Tunnel design and excavation are complex problems that require in-depth studies and a lot of data. Since the second half of the 20th century, scholars have developed new methods in order to better understand the behaviour of the rock mass and provide appropriate construction solutions. These methods, which are used worldwide, all focus on the importance of monitoring during excavation.
This paper describes studies carried out on a new system developed to monitor tunnel deformations during both construction and operation. We developed two different kinds of instrumentation using 3D Modular Underground Monitoring (MEMS)-based sensors, which provide information about convergence of tunnels sections (CIR-Array) and about 3D deformations a few metres inside the rock mass (RAD-Array). This kind of instrumentation is rapid and easy to install, has a high reading frequency (which permits statistical analysis of the data, thus increasing the reliability and efficiency of the system) and features automated storage and presentation of results. Other important aspects are the possibility to extend the monitoring phase beyond construction, and the economy of the system in comparison with other monitoring systems.
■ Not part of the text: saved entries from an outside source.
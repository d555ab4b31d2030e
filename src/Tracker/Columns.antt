-- ===== src/Tracker/Columns.antt =====
-- exec_ops/simple_tracker/tracker.go: the matches of ExtractMatches are one-to-one.
use skyhookml.Prelude.{
  contains, Distinct, ◌==◌, nat_eq, text_eq, pair_eq, ℕ, zero, suc, ◌+◌, ◌<◌, ◌≡◌, refl, sym, subst,
  true, false, ◌||◌, Option, none, some, List, [], ◌∷◌, ◌++◌, arith, length, set,
}
use skyhookml.Tracker.{Params, Candidate, Outside, cell_list, cells}
use skyhookml.Tracker.Matches.{Scored}

abbrev pub match_rows : List (ℕ × ℕ) → List ℕ
match_rows [] = []
match_rows ((i, j) ∷ matches) = i ∷ match_rows matches

abbrev pub match_cols : List (ℕ × ℕ) → List ℕ
match_cols [] = []
match_cols ((i, j) ∷ matches) = j ∷ match_cols matches

module _ {S : Type 0} (o : Outside S) (params : Params S) (matrix : List (List S)) where
  -- A candidate of column j whose row is below the bound.
  abbrev pub ColAt : ℕ → ℕ → Option (ℕ × ℕ) → S → Type 0
  ColAt bound j none score = Unit
  ColAt bound j (some (r, k)) score = (k ≡ j) × (r < bound) × Scored o params matrix r k score

  abbrev pub ColsAt : ℕ → ℕ → List (Candidate S) → Type 0
  ColsAt bound j [] = Unit
  ColsAt bound j (c ∷ cols) = ColAt bound j c.cell c.score × ColsAt bound (j + 1) cols

  ColAt-weaken :
      (bound j : ℕ) (cell : Option (ℕ × ℕ)) (score : S)
      → ColAt bound j cell score
      → ColAt (bound + 1) j cell score
  ColAt-weaken bound j none score at = tt
  ColAt-weaken bound j (some (r, k)) score at = (at.0, omega (arith, at.1), at.2)

  pub ColsAt-weaken :
      (bound j : ℕ) (cols : List (Candidate S)) → ColsAt bound j cols → ColsAt (bound + 1) j cols
  ColsAt-weaken bound j [] at = tt
  ColsAt-weaken bound j (c ∷ cols) at =
      (ColAt-weaken bound j c.cell c.score at.0, ColsAt-weaken bound (j + 1) cols at.1)

  pub ColsAt-set :
      (bound j k : ℕ) (cols : List (Candidate S)) (c : Candidate S)
      → ColsAt bound j cols
      → ColAt bound (j + k) c.cell c.score
      → ColsAt bound j (set cols k c)
  ColsAt-set bound j k [] c at new = tt
  ColsAt-set bound j zero (d ∷ cols) c at new =
      let here : j + 0 ≡ j = omega arith in
      (subst (λ n. ColAt bound n c.cell c.score) here new, at.1)
  ColsAt-set bound j (suc k) (d ∷ cols) c at new =
      let next : j + suc k ≡ j + 1 + k = omega arith in
      (
        at.0,
        ColsAt-set bound (j + 1) k cols c at.1 (subst (λ n. ColAt bound n c.cell c.score) next new),
      )

  -- What holds of the columns, where the rows up to the bound have been placed.
  pub record IsPlaced (wide bound : ℕ) (cols : List (Candidate S)) : Type 0 where
    pub at : ColsAt bound 0 cols
    pub distinct : Distinct (match_rows (cells o params cols))
    pub width : length cols ≡ wide

  -- The rows of the matches are below the bound.
  head-bound :
      (bound j : ℕ) (cell : Option (ℕ × ℕ)) (score : S) (rest : List (ℕ × ℕ))
      → ColAt bound j cell score
      → contains (match_rows rest) bound ≡ false
      → contains (match_rows (cell_list o params cell ++ rest)) bound ≡ false
  unfolding cell_list
  head-bound bound j none score rest here c = c
  head-bound bound j (some (r, k)) score rest here c =
      ground (arith, here.1, c, nat_eq.test_iff r bound)

  pub ColsAt-bound :
      (bound j : ℕ) (cols : List (Candidate S))
      → ColsAt bound j cols
      → contains (match_rows (cells o params cols)) bound ≡ false
  unfolding cells
  ColsAt-bound bound j [] at = refl
  ColsAt-bound bound j (c ∷ cols) at =
      head-bound bound j c.cell c.score (cells o params cols) at.0
        (ColsAt-bound bound (j + 1) cols at.1)

  -- Matches of columns from j on have no column before it.
  head-column :
      (bound j k : ℕ) (cell : Option (ℕ × ℕ)) (score : S) (rest : List (ℕ × ℕ))
      → k < j
      → ColAt bound j cell score
      → contains (match_cols rest) k ≡ false
      → contains (match_cols (cell_list o params cell ++ rest)) k ≡ false
  unfolding cell_list
  head-column bound j k none score rest lt here c = c
  head-column bound j k (some (r, i)) score rest lt here c =
      ground (arith, here.0, c, lt, nat_eq.test_iff i k)

  ColsAt-column :
      (bound j k : ℕ) (cols : List (Candidate S))
      → k < j
      → ColsAt bound j cols
      → contains (match_cols (cells o params cols)) k ≡ false
  unfolding cells
  ColsAt-column bound j k [] lt at = refl
  ColsAt-column bound j k (c ∷ cols) lt at =
      head-column bound j k c.cell c.score (cells o params cols) lt at.0
        (ColsAt-column bound (j + 1) k cols (omega (arith, lt)) at.1)

  head-Distinct :
      (bound j : ℕ) (cell : Option (ℕ × ℕ)) (score : S) (rest : List (ℕ × ℕ))
      → ColAt bound j cell score
      → contains (match_cols rest) j ≡ false
      → Distinct (match_cols rest)
      → Distinct (match_cols (cell_list o params cell ++ rest))
  unfolding cell_list
  head-Distinct bound j none score rest here c d = d
  head-Distinct bound j (some (r, i)) score rest here c d =
      (subst (λ n. contains (match_cols rest) n ≡ false) (sym here.0) c, d)

  pub ColsAt-Distinct :
      (bound j : ℕ) (cols : List (Candidate S))
      → ColsAt bound j cols
      → Distinct (match_cols (cells o params cols))
  unfolding cells
  ColsAt-Distinct bound j [] at = tt
  ColsAt-Distinct bound j (c ∷ cols) at =
      head-Distinct bound j c.cell c.score (cells o params cols) at.0
        (ColsAt-column bound (j + 1) j cols (omega arith) at.1)
        (ColsAt-Distinct bound (j + 1) cols at.1)

  -- The rows after a candidate is put into a column.
  tail-row :
      (i : ℕ) (cell : Option (ℕ × ℕ)) (rest rest' : List (ℕ × ℕ))
      → ((k : ℕ)
          → contains (match_rows rest') k ≡ true
          → ((i == k) || contains (match_rows rest) k) ≡ true)
      → (k : ℕ) → contains (match_rows (cell_list o params cell ++ rest')) k ≡ true
      → ((i == k) || contains (match_rows (cell_list o params cell ++ rest)) k) ≡ true
  unfolding cell_list
  tail-row i none rest rest' within k c = within k c
  tail-row i (some (r, j)) rest rest' within k c = ground (arith, c, within k)

  new-row :
      (i j k : ℕ) (cell : Option (ℕ × ℕ)) (rest : List (ℕ × ℕ))
      → contains (i ∷ match_rows rest) k ≡ true
      → ((i == k) || contains (match_rows (cell_list o params cell ++ rest)) k) ≡ true
  unfolding cell_list
  new-row i j k none rest c = c
  new-row i j k (some (r, l)) rest c = ground (arith, c)

  pub set-rows :
      (i j n : ℕ) (score : S) (cols : List (Candidate S)) (k : ℕ)
      → contains
          (match_rows (cells o params (set cols n (record { cell = some (i, j); score = score }))))
          k
        ≡ true
      → ((i == k) || contains (match_rows (cells o params cols)) k) ≡ true
  unfolding cells cell_list
  set-rows i j n score [] k c = cc
  set-rows i j zero score (d ∷ cols) k c = new-row i j k d.cell (cells o params cols) c
  set-rows i j (suc n) score (d ∷ cols) k c =
      tail-row i d.cell (cells o params cols)
        (cells o params (set cols n (record { cell = some (i, j); score = score })))
        (set-rows i j n score cols) k c
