-- ===== src/Tracker/Frames.antt =====
-- exec_ops/simple_tracker/tracker.go: the detections of one frame, matched and new.
use skyhookml.Prelude.{
  Dict, lookup_or, insert, keys, contains, Distinct, contains-append, Distinct-append,
  contains-keys-insert, keys-insert-Distinct, ◌==◌, nat_eq, text_eq, pair_eq, ℕ, zero, suc, ◌+◌,
  ◌<◌, ◌≡◌, refl, sym, ap, subst, ◌∙◌, inl, inr, Bool, true, false, some, List, [], ◌∷◌, ◌++◌,
  arith, Bool-cases, length, get_elem?, set, length-append, length-set,
}
use skyhookml.Data.Detection.{Detection}
use skyhookml.Tracker.{TrackedDetection, Track, last, State, tracked, add_match}
use skyhookml.Tracker.Matches.{get_elem?-lt, get_elem?-some}

abbrev pub track_ids : {S : Type 0} → List (Detection S) → List ℕ
track_ids [] = []
track_ids (d ∷ dlist) = d.track_id ∷ track_ids dlist

abbrev pub unmatched : List Bool → ℕ
unmatched [] = 0
unmatched (true ∷ matched) = unmatched matched
unmatched (false ∷ matched) = suc (unmatched matched)

-- No track is empty.
abbrev pub AllLast : {S : Type 0} → Dict ℕ (Track S) → Type 0
AllLast [] = Unit
AllLast {S = S} ((id, track) ∷ tracks) =
    ((end : TrackedDetection S) × (last track ≡ some end)) × AllLast tracks

-- The active tracks have distinct ids below the next one, and are not empty.
pub record IsLive {S : Type 0} (next_id : ℕ) (active : Dict ℕ (Track S)) : Type 0 where
  pub distinct : Distinct (keys active)
  pub below : (id : ℕ) → contains (keys active) id ≡ true → id < next_id
  pub lasts : AllLast active

-- What holds while the detections of a frame are handled.
pub record IsFrame {S : Type 0} (dlist : List (Detection S)) (s : State S) : Type 0 where
  pub live : IsLive s.next_track_id s.active_tracks
  pub distinct : Distinct (track_ids s.ndetections)
  pub below : (id : ℕ) → contains (track_ids s.ndetections) id ≡ true → id < s.next_track_id
  pub count : length s.ndetections + unmatched s.matched ≡ length dlist
  pub flags : length s.matched ≡ length dlist

last-append :
    {S : Type 0} (track : Track S) (d : TrackedDetection S) → last (track ++ d ∷ []) ≡ some d
last-append [] d = refl
last-append (a ∷ []) d = refl
last-append (a ∷ b ∷ track) d = last-append (b ∷ track) d

AllLast-insert :
    {S : Type 0} (id : ℕ) (track : Track S) (end : TrackedDetection S) (active : Dict ℕ (Track S))
    → last track ≡ some end
    → AllLast active
    → AllLast (insert id track active)
AllLast-insert id track end [] e all = ((end, e), tt)
AllLast-insert id track end ((j, t) ∷ active) e all = elim (Bool-cases (j == id)) [
  | inl same ↦ rw same ((end, e), all.1)
  | inr other ↦ rw other (all.0, AllLast-insert id track end active e all.1)
]

pub IsLive-insert :
    {S : Type 0} (id next_id : ℕ) (track : Track S) (d : TrackedDetection S)
    (active : Dict ℕ (Track S))
    → id < next_id
    → IsLive next_id active
    → IsLive next_id (insert id (track ++ d ∷ []) active)
IsLive-insert id next_id track d active lt live = record {
  distinct = keys-insert-Distinct id (track ++ d ∷ []) active live.distinct;
  below = λ j c. ground (
    arith,
    c,
    contains-keys-insert id j (track ++ d ∷ []) active,
    live.below j,
    lt,
    nat_eq.test_iff id j,
  );
  lasts = AllLast-insert id (track ++ d ∷ []) d active (last-append track d) live.lasts;
}

pub track_ids-append :
    {S : Type 0} (xs : List (Detection S)) (d : Detection S)
    → track_ids (xs ++ d ∷ []) ≡ track_ids xs ++ d.track_id ∷ []
track_ids-append [] d = refl
track_ids-append (x ∷ xs) d = ap (◌∷◌ x.track_id) (track_ids-append xs d)

-- A new detection in the frame's output.
pub outputs-Distinct :
    {S : Type 0} (xs : List (Detection S)) (d : Detection S)
    → Distinct (track_ids xs)
    → contains (track_ids xs) d.track_id ≡ false
    → Distinct (track_ids (xs ++ d ∷ []))
outputs-Distinct xs d distinct fresh = subst Distinct (sym (track_ids-append xs d)) (
    Distinct-append (track_ids xs) (d.track_id ∷ []) distinct (refl, tt)
      (λ k c. ground (arith, c, fresh, nat_eq.test_iff d.track_id k)))

pub outputs-below :
    {S : Type 0} (xs : List (Detection S)) (d : Detection S) (n : ℕ)
    → ((id : ℕ) → contains (track_ids xs) id ≡ true → id < n)
    → d.track_id < n
    → (id : ℕ) → contains (track_ids (xs ++ d ∷ [])) id ≡ true
    → id < n
outputs-below xs d n below lt id c =
    let split =
      ap (λ ids. contains ids id) (track_ids-append xs d)
      ∙ contains-append (track_ids xs) (d.track_id ∷ []) id in
    ground (arith, split, c, below id, lt, nat_eq.test_iff d.track_id id)

unmatched-set :
    (matched : List Bool) (j : ℕ)
    → get_elem? matched j ≡ some false
    → suc (unmatched (set matched j true)) ≡ unmatched matched
unmatched-set [] j e = cc
unmatched-set (true ∷ matched) zero e = cc
unmatched-set (false ∷ matched) zero e = refl
unmatched-set (true ∷ matched) (suc j) e = unmatched-set matched j e
unmatched-set (false ∷ matched) (suc j) e = ap suc (unmatched-set matched j e)

-- A match of a track and a detection that have no match yet.
pub add_match-IsFrame :
    {S : Type 0} (frame_idx : ℕ) (ids : List ℕ) (dlist : List (Detection S)) (i j id : ℕ)
    (s : State S)
    → IsFrame dlist s
    → get_elem? ids i ≡ some id
    → id < s.next_track_id
    → contains (track_ids s.ndetections) id ≡ false
    → get_elem? s.matched j ≡ some false
    → (d : Detection S) × (t : State S) × (add_match frame_idx ids dlist (i, j) s ≡ some t)
      × IsFrame dlist t
      × (d.track_id ≡ id)
      × (t.ndetections ≡ s.ndetections ++ d ∷ [])
      × (t.matched ≡ set s.matched j true)
      × (t.next_track_id ≡ s.next_track_id)
unfolding add_match
add_match-IsFrame frame_idx ids dlist i j id s f found lt fresh free =
    let (d, e) =
      get_elem?-some dlist j (omega (arith, get_elem?-lt s.matched j false free, f.flags)) in
    let d' = record d { track_id = id } in
    let track = lookup_or [] id s.active_tracks in
    (
      d',
      record s {
        active_tracks = insert id (track ++ tracked frame_idx d' ∷ []) s.active_tracks;
        ndetections = s.ndetections ++ d' ∷ [];
        matched = set s.matched j true;
      },
      rw (found, e) refl,
      record {
        live =
            IsLive-insert id s.next_track_id track (tracked frame_idx d') s.active_tracks lt f.live;
        distinct = outputs-Distinct s.ndetections d' f.distinct fresh;
        below = outputs-below s.ndetections d' s.next_track_id f.below lt;
        count =
            omega (
              arith,
              f.count,
              unmatched-set s.matched j free,
              length-append s.ndetections (d' ∷ []),
            );
        flags = length-set s.matched j true ∙ f.flags;
      },
      refl,
      refl,
      refl,
      refl,
    )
We carried out a series of laboratory tests reproducing a real-scale tunnel shape by means of a fibreglass rod, to which known deformations were applied. Each deformed shape was measured using different techniques along with the CIR-Array or RAD-Array systems; in particular, photogrammetry and topography, which are two techniques commonly used to investigate tunnel deformations in current practice. We compared the results in order to ascertain the sensitivity and accuracy of each method and evaluate the two systems. The aim of this paper is to collate and analyse the results obtained in order to highlight the potential application of the systems.